# Tetras and Bettas?



## BlackberryBetta (Feb 6, 2011)

Hi guys, yesterday I went to my LFS and they told me that I could have a betta with some tetras. Is that true? Would I be able to fit 10 tetras and a betta in a 10 gallon? Tetras are tiny so I think I could. Anyways, thanks in advance!


----------



## shinybetta (Jul 3, 2010)

I would say 5-6 tetras and one betta is better.


----------



## Lupin (Aug 2, 2006)

Neons, glowlights, kerris and beacon tetras are absolutely fine. Some such as serpaes however, are absolutely appalling choices as they snip the fins. Research your choices well.


----------



## BlackberryBetta (Feb 6, 2011)

Ok thanks. I will denifinitely get some glowlights. I will keep you posted.


----------



## FuulieQ (Jan 10, 2010)

Just be careful and watch closely. I have a friend who put his betta in with some neons, it's been okay, but not really ideal.

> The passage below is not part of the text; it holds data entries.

-- ===== src/Algo/Heap.antt =====
-- src/algo/heap.c: a binary heap with the greatest elem at the root, in the first elems of a span.
-- A function that writes to its span returns the span. `2 * idx + 1` stays below twice the length
-- of an array in memory plus one, so size_t does not wrap there. Fuel bounds the rounds of a loop.
pub mod Order
pub mod Up
pub mod Down
pub mod Pop
pub mod Sort
pub mod Check
use c_nad.Core.Span
use c_nad.Core.Cmp.{Cmp}
use c_nad.Core.Int.{lt0, ge0}
use c_nad.Prelude.{
  ℕ, zero, suc, ◌+◌, ◌-◌, ◌*◌, ◌/◌, Bool, List, ltb, leb, ◌==◌, if◌then◌else◌, length, Exec, done,
  spent, ◌>>=◌, ◌>>◌, check,
}

abbrev pub parent : ℕ → ℕ
parent c = (c - 1) / 2

module _ {ℓ} {A : Type ℓ} where
  -- sift_up
  sift_up_loop : ℕ → List A → ℕ → Cmp A → Exec (List A)
  sift_up_loop zero s idx cmp = spent
  sift_up_loop (suc fuel) s idx cmp =
      let rise = Span.swap_elems s (parent idx) idx >>= λ t. sift_up_loop fuel t (parent idx) cmp in
      let round : Exec (List A) = do
        p ← Span.get s (parent idx)
        c ← Span.get s idx
        if ge0 (cmp p c) then done s else rise
      in if ltb 0 idx then round else done s

  pub sift_up : List A → ℕ → Cmp A → Exec (List A)
  unfolding sift_up_loop
  sift_up s idx cmp = sift_up_loop (idx + 1) s idx cmp

  -- the child of `idx` that sift_down compares it with
  best_child : List A → ℕ → ℕ → Cmp A → Exec ℕ
  best_child s idx len cmp =
      let left = 2 * idx + 1 in
      let right = left + 1 in
      let both : Exec ℕ = do
        l ← Span.get s left
        r ← Span.get s right
        done (if lt0 (cmp l r) then right else left)
      in if ltb right len then both else done left

  -- sift_down
  sift_down_loop : ℕ → List A → ℕ → ℕ → Cmp A → Exec (List A)
  sift_down_loop zero s idx len cmp = spent
  sift_down_loop (suc fuel) s idx len cmp =
      let round : Exec (List A) = do
        best ← best_child s idx len cmp
        x ← Span.get s idx
        y ← Span.get s best
        let sink = Span.swap_elems s idx best >>= λ t. sift_down_loop fuel t best len cmp
        if ge0 (cmp x y) then done s else sink
      in if leb len (2 * idx + 1) then done s else round

  pub sift_down : List A → ℕ → ℕ → Cmp A → Exec (List A)
  unfolding sift_down_loop best_child
  sift_down s idx len cmp = do check (leb len (length s)); sift_down_loop (len + 1) s idx len cmp

  -- tda_span_make_heap: the loop counts down
  make_heap_from : ℕ → List A → Cmp A → Exec (List A)
  make_heap_from zero s cmp = done s
  make_heap_from (suc i) s cmp = sift_down s i (length s) cmp >>= λ t. make_heap_from i t cmp

  unfoldable pub make_heap : List A → Cmp A → Exec (List A)
  unfolding make_heap_from sift_down
  make_heap s cmp = make_heap_from (length s / 2) s cmp

  -- tda_span_push_heap
  unfoldable pub push_heap : List A → Cmp A → Exec (List A)
  unfolding sift_up
  push_heap s cmp = do check (ltb 0 (length s)); sift_up s (length s - 1) cmp

  -- tda_span_pop_heap
  unfoldable pub pop_heap : List A → Cmp A → Exec (List A)
  unfolding sift_down
  pop_heap s cmp = do
    check (ltb 0 (length s))
    if length s == 1
        then done s
        else (do t ← Span.swap_elems s 0 (length s - 1); sift_down t 0 (length s - 1) cmp)

  -- tda_span_sort_heap: `len` counts down to 1
  sort_heap_from : ℕ → List A → Cmp A → Exec (List A)
  sort_heap_from zero s cmp = done s
  sort_heap_from (suc len) s cmp =
      let pop = Span.on_sub s 0 (suc len) (λ t. pop_heap t cmp) >>= λ t. sort_heap_from len t cmp in
      if ltb 1 (suc len) then pop else done s

  unfoldable pub sort_heap : List A → Cmp A → Exec (List A)
  unfolding sort_heap_from pop_heap
  sort_heap s cmp = sort_heap_from (length s) s cmp

  -- tda_span_is_heap_until
  is_heap_until_from : ℕ → ℕ → List A → Cmp A → Exec ℕ
  is_heap_until_from zero child s cmp = spent
  is_heap_until_from (suc fuel) child s cmp =
      let rest = is_heap_until_from fuel (child + 1) s cmp in
      let round : Exec ℕ = do
        p ← Span.get s (parent child)
        c ← Span.get s child
        if lt0 (cmp p c) then done child else rest
      in if ltb child (length s) then round else done (length s)

  unfoldable pub is_heap_until : List A → Cmp A → Exec ℕ
  unfolding is_heap_until_from
  is_heap_until s cmp = is_heap_until_from (length s + 1) 1 s cmp

  -- tda_span_is_heap
  unfoldable pub is_heap : List A → Cmp A → Exec Bool
  unfolding is_heap_until
  is_heap s cmp = do n ← is_heap_until s cmp; done (n == length s)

He's waiting for the neons to die off. xD


----------



## aparr29 (Feb 24, 2011)

I am new to this and I really like my new friend. My 5 gallon tank is healthy
& crystal clear. Some guy in the store said it would be fine to put in two fancy tail guppies and a small cory cat..., yes or no..? Thx.


----------



## shinybetta (Jul 3, 2010)

The guppies are okay, if you don't have a betta. They cory cat NO! They need groups of four or more and 10 gallons for small varietys, 15+ for larger ones.


----------



## BlackberryBetta (Feb 6, 2011)

aparr29: Cory cats need to live in groups of 5 or more. And the betta will probably nip at the guppie`s fins. That is what the petstore worker told me. She said not to put bettas with other fish who have long fins. But if your betta is doing ok, I don`t see a problem!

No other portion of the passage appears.